First off "SIT" Means "SIT"....You don't need the term stay!!! I wouldn't let her have the mark if she breaks.I would restrain her and would work obideance.If your having to push at her hind end she hasn't got the "Sit" concept down.Use a heeling stick,pinch collar or a choke chain.Are you following a good program such as Smartworks?


----------



## gonehuntin' (Jul 27, 2006)

It sounds like you have no foundation in retriever training. Retrievers require more pressure than other breeds. Use a stick on her. SIT will be the basis for her entire's life work. No sit, no handling. First obedience train her, then force her, then comes steadying her. You should get a good dvd or book by a modern trainer like Lardy or Graham and FOLLOW THAT PROGRAM TO THE T.


----------



## Gamefinder (Jan 11, 2007)

In order to have a dog that does what you want it to you must Teach it so it understands what you want. It is great to have a puppy that wants to retrieve without this you would have nothing. However right now you need to forget about retrieving for the time being and enroll your dog and more important yourself in a basic obedience class. The dog may need to learn to follow your commands but you need to learn to teach the dog what each command means regardless of distractions. A class will help the two of you and if you follow the instructors program at the end of the basic obedience class (usually 6 - 8 weeks) you pup should be willingly working for you not against you. I very much disagree with the person who says retrievers need pressure. I have had flatcoats and Chesapeakes since 1953 and I don't waste my time with any animal that needs forcing to retrieve or a torture instument around its neck to want to work for me. One needs to bond with any puppy, then positively teach it the basics and you will then be able to channel the enthusiasm to work for you. My dogs work in teams and each year see thosands of birds shot over them. They are steady to flush or shot because they have been taught that this is what I want and if they don't follow my rules then they don't get to do what they want. If you need help finding an obedience class let me know where you are at I can probably find you some contacts that can help. Just remember you have a puppy and don't expect a puppy to be an adult and don't expect any animal to be a perfect machine. Control will come as you gain experience and the dogs will improve as you learn more.


----------



## taddy1340 (Dec 10, 2004)

> Just remember you have a puppy and don't expect a puppy to be an adult and don't expect any animal to be a perfect machine. Control will come as you gain experience and the dogs will improve as you learn more.

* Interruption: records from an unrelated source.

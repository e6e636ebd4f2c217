-- ===== src/Kafka.antt =====
-- The fields of a kafka-go message that the apps read or write, and what a blocking read returns.
pub mod Topics
use pok.Prelude.Bytes.{Bytes}
use pok.Prelude.Int.{ℤ}
use pok.Prelude.{Bool}

pub record Message : Type 0 where
  pub key : Bytes
  pub value : Bytes
  -- m.Time.Unix()
  pub time : ℤ

-- One `ReadMessage`. An error is told by whether the context is done.
pub data Read {ℓ} (Extra : Type ℓ) : Type ℓ where
  failed : Bool → Read Extra
  message : Message → Extra → Read Extra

That about sums it up! :beer:


----------



## Goosehunterdog (Jun 12, 2005)

Gamefinder said:


> I very much disagree with the person who says retrievers need pressure. I have had flatcoats and Chesapeakes since 1953 and I don't waste my time with any animal that needs forcing to retrieve or a torture instument around its neck to want to work for me. .


I agree with the bond but using a pinch collar,choke chain,and even an e-collar isn't torture if you know how to use them correctly and can be an effective tool if not used in anger and used the right way.I also agree that OB classes are GREAT and I wish you were closer.There are great DVD'S on the market that walk you through everything that you would need to know as well.


----------